Di mobil, aku menahan tangisanku yang akan meledak di sana. Takut, gelisah, khawatir, semua tercampur menjadi satu, sama seperti Mas Neo. Bedanya, Mas Neo memang memikirkan kalau ia akan tidak lulus UMPTN lagi, sedangkan aku memikirkan bagaimana caranya aku mengatakan ini pada Mas Neo. Apa reaksinya nanti? Apa ia akan membenciku dan menjauhiku? Lalu aku harus apa? 

 Sesampainya di gedung, Pak Jarit menunggu kami di parkiran karena cukup jauh jika ia harus pulang pergi. Mas Neo menyemangatiku agar dapat mengejarkan soalnya dengan lancar. Padahal, belum tentu aku akan mengerjakannya nanti. Setelah berpisah ruangan dan masuk ke ruangan masing-masing, aku melihat wajah kegelisahan dari teman-teman yang lain. Sayangnya beberbeda dengan wajah kegelisahanku sekarang. Bel tanda mulai mengerjakan berbunyi. Semua berhati-hati mengisi data diri dan jawaban. Aku malah benar-benar mengisi data diri dan jawaban dengan asal. Benar-benar asal. Bahkan aku tak melihat lagi kartu ujianku dan langsung aku isi sesuai apa yang ada di otakku. Ketika membaca soal, aku mengerti jawabannya. Jika saja ini tidak terjadi, aku yakin aku akan mendapatkan perguruan tinggi negeri yang sama dengan Mas Neo, Universitas Udayana, Bali. Sayangnya, hal ini telah terjadi. Kuliah bukan lagi tujuan utamaku saat ini, tetapi mati adalah tujuan utamaku saat ini. Menahan tangis sampai bel tanda kumpulkan berbunyi. Aku yang paling pertama mengumpulkan itu lalu keluar ruangan menunggu Mas Neo di tempat pertama kami bertemu. Aku menyia-nyiakan kesempatanku untuk mendapatkan perguruan tinggi negeri, tetapi yang lebih parah, aku menyia-nyiakan masa depanku untuk hidup dengan kesalahan. 
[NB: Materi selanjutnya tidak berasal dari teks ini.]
-- ===== src/Api.antt =====
-- What the handlers of api/v1 and api/v2 share: the world they run in, the guards, and cache-aside
-- over the service layer, which they take as an interface.
pub mod Laws
pub mod Backtest
pub mod Portfolio
pub mod Engine
pub mod EquityCurve
pub mod Report
pub mod Key
pub mod Admin
pub mod Ingest
use quant_api_gateway.Prelude.{
  ℕ, zero, suc, ◌+◌, ◌-◌, ◌*◌, ◌/◌, ◌%◌, ◌^◌, ◌≤◌, ◌<◌, String, ◌<>◌, ◌≡◌, refl, sym, ap, ◌∙◌,
  fun_ext, ◌≢◌, ◌↔◌, ◌⊎◌, inl, inr, Bool, true, false, not, ◌&&◌, ◌||◌, Option, none, some, List,
  [], ◌∷◌, ◌++◌, map, arith, str_eq, eq_iff, eq_refl, ltb, leb, ◌==◌, if◌then◌else◌, ltb→lt, lt→ltb,
  leb→le, Bool-cases, Option-cases, is_none, one_of, length, Result, ok, err,
}
use quant_api_gateway.Http.{Message, HttpException, plain}
use quant_api_gateway.Effects.{
  M, Exception, http, is_cache_error, is_service_error, is_not_found_error, pure, raise, catch,
  ◌>>=◌, ◌>>◌,
}
use quant_api_gateway.Registry.{StrategyConfig, Global, get_registry, by_id}
use quant_api_gateway.Cache.{Redis, Model, get_cached, set_cached}

-- `raise HTTPException(status_code=…, detail=…)`
abbrev pub abort : ℕ → String → List String → Exception
abort status template args =
    http (record { status_code = status; detail = record { template = template; args = args } })

-- `cfg is None or not cfg.active`
abbrev pub is_inactive : Option StrategyConfig → Bool
is_inactive none = true
is_inactive (some cfg) = not cfg.active

-- `D` is the state of the databases.
module _ (R : Redis) (D : Type 0) where
  abbrev pub World : Type 0
  World = R.State × D × Global

  abbrev pub on_cache : {A : Type 0} → M R.State A → M World A
  on_cache m (s, d, g) = let (r, s') = m s in (r, (s', d, g))

  abbrev pub on_db : {A : Type 0} → M D A → M World A
  on_db m (s, d, g) = let (r, d') = m d in (r, (s, d', g))

  abbrev pub on_registry : {A : Type 0} → M Global A → M World A
  on_registry m (s, d, g) = let (r, g') = m g in (r, (s, d, g'))

  abbrev pub require_active : String → Option StrategyConfig → M World (Unit {0})
  require_active strategy_id cfg =
      if is_inactive cfg
      then raise (abort 404 "Strategy {!r} not found" (strategy_id ∷ []))
      else pure tt

  pub ensure_active : String → M World (Unit {0})
  ensure_active strategy_id = do
    registry ← on_registry get_registry
    require_active strategy_id (by_id registry strategy_id)

  -- `except ServiceError` around a read: a response with status 500.
  abbrev pub or_500 : {A : Type 0} → String → List String → M World A → M World A
  or_500 template args m =
      catch m (λ e. if is_service_error e then some (raise (abort 500 template args)) else none)

  -- `except StrategyReportNotFoundError` before it: status 404 with the text of the exception.
  abbrev pub or_404 : {A : Type 0} → (Exception → Message) → M World A → M World A
  or_404 str m = catch m (λ e.
      if is_not_found_error e
      then some (raise (http (record { status_code = 404; detail = str e })))
      else none)

  -- `if result is None: raise HTTPException(404)`
  abbrev pub found : {A : Type 0} → String → List String → Option A → M World A
  found template args none = raise (abort 404 template args)
  found template args (some a) = pure a

  module _ {A : Type 0} (key : String) (model : Model A) (ttl : ℕ) where
    -- `try: await set_cached(…) except CacheError: logger.warning(…)`, then the result.
    unfoldable pub remember : A → M World A
    remember value = do
      catch (on_cache (set_cached R key model value ttl))
          (λ e. if is_cache_error e then some (pure tt) else none)
      pure value

    abbrev pub or_compute : M World A → Option A → M World A
    or_compute compute (some cached) = pure cached
    or_compute compute none = compute >>= remember

    unfoldable pub cache_aside : M World A → M World A
    cache_aside compute = on_cache (get_cached R key model) >>= or_compute compute
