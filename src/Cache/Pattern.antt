-- ===== src/Cache/Pattern.antt =====
-- `invalidate_pattern` of services/cache.py: SCAN pages until the cursor is 0, and delete each page.
-- The loop takes fuel; `none` means that it ran out.
use quant_api_gateway.Prelude.{
  ℕ, zero, suc, ◌+◌, String, true, false, Option, none, some, List, [], ◌∷◌, ◌==◌, length, Result,
  ok, err,
}
use quant_api_gateway.Effects.{Exception}
use quant_api_gateway.Cache.{Redis, failed}

module _ (R : Redis) (pattern : String) where
  abbrev pub Pass : Type 0
  Pass = Option (Result Exception ℕ × R.State)

  abbrev pub scan_failed : Exception
  scan_failed = failed "redis SCAN/DELETE failed for pattern {!r}" pattern

  -- `if keys: await redis.delete(*keys)`
  abbrev pub delete_page : List String → R.State → Option (Unit {0}) × R.State
  delete_page [] s = (some tt, s)
  delete_page (k ∷ keys) s = R.delete (k ∷ keys) s

  -- After a page: an exception of the delete ends the loop, and so does cursor 0.
  abbrev pub next : Option (Unit {0}) × R.State → ℕ → ℕ → (R.State → Pass) → Pass
  next (none, s) cursor deleted again = some (err scan_failed, s)
  next (some _, s) cursor deleted again = elim (cursor == 0) [
    | true ↦ some (ok deleted, s)
    | false ↦ again s
  ]

  abbrev pub after_scan : Option (ℕ × List String) × R.State → ℕ → (ℕ → ℕ → R.State → Pass) → Pass
  after_scan (none, s) deleted again = some (err scan_failed, s)
  after_scan (some (cursor, keys), s) deleted again =
      next (delete_page keys s) cursor (deleted + length keys)
        (again cursor (deleted + length keys))

  unfoldable pub scan_loop : ℕ → ℕ → ℕ → R.State → Pass
  scan_loop zero cursor deleted s = none
  scan_loop (suc fuel) cursor deleted s =
      after_scan (R.scan cursor pattern s) deleted (λ c d t. scan_loop fuel c d t)

  unfoldable pub invalidate_pattern : ℕ → R.State → Pass
  unfolding scan_loop
  invalidate_pattern fuel s = scan_loop fuel 0 0 s
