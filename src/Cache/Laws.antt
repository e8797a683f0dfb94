-- ===== src/Cache/Laws.antt =====
-- What the documentation of Redis promises of the four commands, and what `invalidate_pattern` does
-- on such a server.
use quant_api_gateway.Prelude.{
  ℕ, zero, suc, ◌+◌, String, ◌≡◌, refl, ◌∙◌, ◌≢◌, inl, inr, Bool, true, false, Option, none, some,
  List, [], ◌∷◌, arith, str_eq, ◌==◌, if◌then◌else◌, Bool-cases, Option-cases, one_of, length, ok,
  err,
}
use quant_api_gateway.Cache.{Redis, ok, err, suc, Option-cases}
use quant_api_gateway.Cache.Pattern.{Pass, delete_page, scan_loop, next, after_scan}

-- `lookup` is the text stored under a key, `matches` the glob test of SCAN. A key that is there
-- throughout an iteration is returned by one of its pages: `pending` says which keys a cursor has
-- still to visit. Nothing is promised of a command that fails but that it writes no other key.
pub record IsLawful (R : Redis) : Type 0 where
  pub lookup : R.State → String → Option String
  pub matches : String → String → Bool
  pub pending : ℕ → String → Bool
  pub get_value :
      (k : String) (s : R.State) (v : Option String) → (R.get k s).0 ≡ some v → v ≡ lookup s k
  pub get_reads : (k j : String) (s : R.State) → lookup (R.get k s).1 j ≡ lookup s j
  pub setex_writes :
      (k : String) (ttl : ℕ) (v j : String) (s : R.State)
      → (R.setex k ttl v s).0 ≡ some tt
      → lookup (R.setex k ttl v s).1 j ≡ (if str_eq k j then some v else lookup s j)
  pub setex_others :
      (k : String) (ttl : ℕ) (v j : String) (s : R.State)
      → str_eq k j ≡ false
      → lookup (R.setex k ttl v s).1 j ≡ lookup s j
  pub delete_removes :
      (ks : List String) (j : String) (s : R.State)
      → (R.delete ks s).0 ≡ some tt
      → lookup (R.delete ks s).1 j ≡ (if one_of j ks then none else lookup s j)
  pub delete_others :
      (ks : List String) (j : String) (s : R.State)
      → one_of j ks ≡ false
      → lookup (R.delete ks s).1 j ≡ lookup s j
  pub scan_reads : (c : ℕ) (p j : String) (s : R.State) → lookup (R.scan c p s).1 j ≡ lookup s j
  pub scan_matches :
      (c : ℕ) (p j : String) (s : R.State) (c' : ℕ) (ks : List String)
      → (R.scan c p s).0 ≡ some (c', ks)
      → one_of j ks ≡ true
      → matches p j ≡ true
  pub scan_visits :
      (c : ℕ) (p j : String) (s : R.State) (c' : ℕ) (ks : List String)
      → (R.scan c p s).0 ≡ some (c', ks)
      → lookup s j ≢ none
      → matches p j ≡ true
      → pending c j ≡ true
      → one_of j ks ≡ false
      → (c' ≢ 0) × (pending c' j ≡ true)
  pub pending_start : (j : String) → pending 0 j ≡ true

module _ (R : Redis) (law : IsLawful R) (pattern : String) where
  open law use {lookup, matches, pending}

  -- What the keys outside the pattern hold after a pass.
  abbrev pub Spares : R.State → Pass R pattern → Type 0
  Spares s none = Unit
  Spares s (some (_, t)) = (j : String) → matches pattern j ≡ false → lookup t j ≡ lookup s j

  page_spares :
      (ks : List String) (s : R.State) (j : String)
      → (one_of j ks ≡ true → matches pattern j ≡ true)
      → matches pattern j ≡ false
      → lookup (delete_page R pattern ks s).1 j ≡ lookup s j
  page_spares [] s j in_page out = refl
  page_spares (k ∷ ks) s j in_page out = elim (Bool-cases (one_of j (k ∷ ks))) [
    | inl e ↦ cc (in_page e)
    | inr e ↦ law.delete_others (k ∷ ks) j s e
  ]

  page_removes :
      (ks : List String) (s : R.State) (j : String)
      → (delete_page R pattern ks s).0 ≡ some tt
      → lookup (delete_page R pattern ks s).1 j ≡ (if one_of j ks then none else lookup s j)
  page_removes [] s j done = refl
  page_removes (k ∷ ks) s j done = law.delete_removes (k ∷ ks) j s done

  Spares-trans :
      (s t : R.State) (r : Pass R pattern)
      → ((j : String) → matches pattern j ≡ false → lookup t j ≡ lookup s j)
      → Spares t r
      → Spares s r
  Spares-trans s t none h k = tt
  Spares-trans s t (some (_, u)) h k = λ j out. k j out ∙ h j out

  next-Spares :
      (s : R.State) (x : Option (Unit {0}) × R.State) (c d : ℕ) (again : R.State → Pass R pattern)
      → ((j : String) → matches pattern j ≡ false → lookup x.1 j ≡ lookup s j)
      → Spares x.1 (again x.1)
      → Spares s (next R pattern x c d again)
  next-Spares s (none, t) c d again h k = h
  next-Spares s (some _, t) c d again h k = elim (Bool-cases (c == 0)) [
    | inl e ↦ rw (e, Spares) h
    | inr e ↦ rw (e, Spares) (Spares-trans s t (again t) h k)
  ]

  pub scan_loop-Spares : (fuel c d : ℕ) (s : R.State) → Spares s (scan_loop R pattern fuel c d s)
  unfolding scan_loop
  scan_loop-Spares zero c d s = tt
  scan_loop-Spares (suc fuel) c d s =
      let t = (R.scan c pattern s).1 in
      elim (Option-cases (R.scan c pattern s).0) [
        | inl e ↦ rw (e, after_scan) (λ j out. law.scan_reads c pattern j s)
        | inr ((c', ks), e) ↦
            rw (e, after_scan)
              (next-Spares s (delete_page R pattern ks t) c' (d + length ks) _
                (λ j out.
                  page_spares ks t j (law.scan_matches c pattern j s c' ks e) out
                  ∙ law.scan_reads c pattern j s)
                (scan_loop-Spares fuel c' (d + length ks) (delete_page R pattern ks t).1))
      ]

  -- Every key of the pattern that is there is still to be visited.
  abbrev Visits : ℕ → R.State → Type 0
  Visits c s = (j : String) → lookup s j ≢ none → matches pattern j ≡ true → pending c j ≡ true

  abbrev pub Cleared : Pass R pattern → Type 0
  Cleared (some (ok _, t)) = (j : String) → matches pattern j ≡ true → lookup t j ≡ none
  Cleared (some (err _, t)) = Unit
  Cleared none = Unit

  next-Cleared :
      (x : Option (Unit {0}) × R.State) (c d : ℕ) (again : R.State → Pass R pattern)
      → (x.0 ≡ some tt
          → (j : String) → lookup x.1 j ≢ none
          → matches pattern j ≡ true
          → (c ≢ 0) × (pending c j ≡ true))
      → (Visits c x.1 → Cleared (again x.1))
      → Cleared (next R pattern x c d again)
  next-Cleared (none, t) c d again h k = tt
  next-Cleared (some _, t) c d again h k = elim (Bool-cases (c == 0)) [
    | inl e ↦
        rw (e, Cleared)
          (λ j m. elim (Option-cases (lookup t j)) [
            | inl gone ↦ gone
            | inr (v, there) ↦ absurd ((h refl j (λ absent. cc) m).0 (ground arith))
          ])
    | inr e ↦ rw (e, Cleared) (k (λ j there m. (h refl j there m).1))
  ]

  page-Visits :
      (c : ℕ) (s : R.State) (c' : ℕ) (ks : List String)
      → Visits c s
      → (R.scan c pattern s).0 ≡ some (c', ks)
      → (delete_page R pattern ks (R.scan c pattern s).1).0 ≡ some tt
      → (j : String) → lookup (delete_page R pattern ks (R.scan c pattern s).1).1 j ≢ none
      → matches pattern j ≡ true
      → (c' ≢ 0) × (pending c' j ≡ true)
  page-Visits c s c' ks visits e done j there m =
      let t = (R.scan c pattern s).1 in
      elim (Bool-cases (one_of j ks)) [
        | inl paged ↦ absurd (there (page_removes ks t j done ∙ rw paged refl))
        | inr left ↦
            let kept : lookup (delete_page R pattern ks t).1 j ≡ lookup s j =
              page_removes ks t j done ∙ rw left (law.scan_reads c pattern j s) in
            let was_there : lookup s j ≢ none = λ absent. there (kept ∙ absent) in
            law.scan_visits c pattern j s c' ks e was_there m (visits j was_there m) left
      ]

  pub scan_loop-Cleared :
      (fuel c d : ℕ) (s : R.State) → Visits c s → Cleared (scan_loop R pattern fuel c d s)
  unfolding scan_loop
  scan_loop-Cleared zero c d s visits = tt
  scan_loop-Cleared (suc fuel) c d s visits =
      let t = (R.scan c pattern s).1 in
      elim (Option-cases (R.scan c pattern s).0) [
        | inl e ↦ rw (e, after_scan) tt
        | inr ((c', ks), e) ↦
            rw (e, after_scan)
              (next-Cleared (delete_page R pattern ks t) c' (d + length ks) _
                (page-Visits c s c' ks visits e)
                (scan_loop-Cleared fuel c' (d + length ks) (delete_page R pattern ks t).1))
      ]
Hari ini, saat sampai rumah, aku akan mengungkapkan semua hal yang tak dapat diterima akal sehat tersebut. Aku semakin tidak siap untuk ini. 

 "Udah, Dek. Gak papa. Yang penting udah nyoba." Perkataannya ketika melihatku dengan mata berkaca-kaca. Bukan itu, Mas. Bukan itu. Seandainya hanya itu, aku akan bersyukur masih ada alasan untuk hidup. Masih saja seperti ini sampai di mobil bahkan sampai di rumah. Semakin tak karuan. Mas Neo yang masih berpikir bahwa ini terjadi karena aku tak bisa mengerjakan UMPTN pun merangkulku sampai di rumah. 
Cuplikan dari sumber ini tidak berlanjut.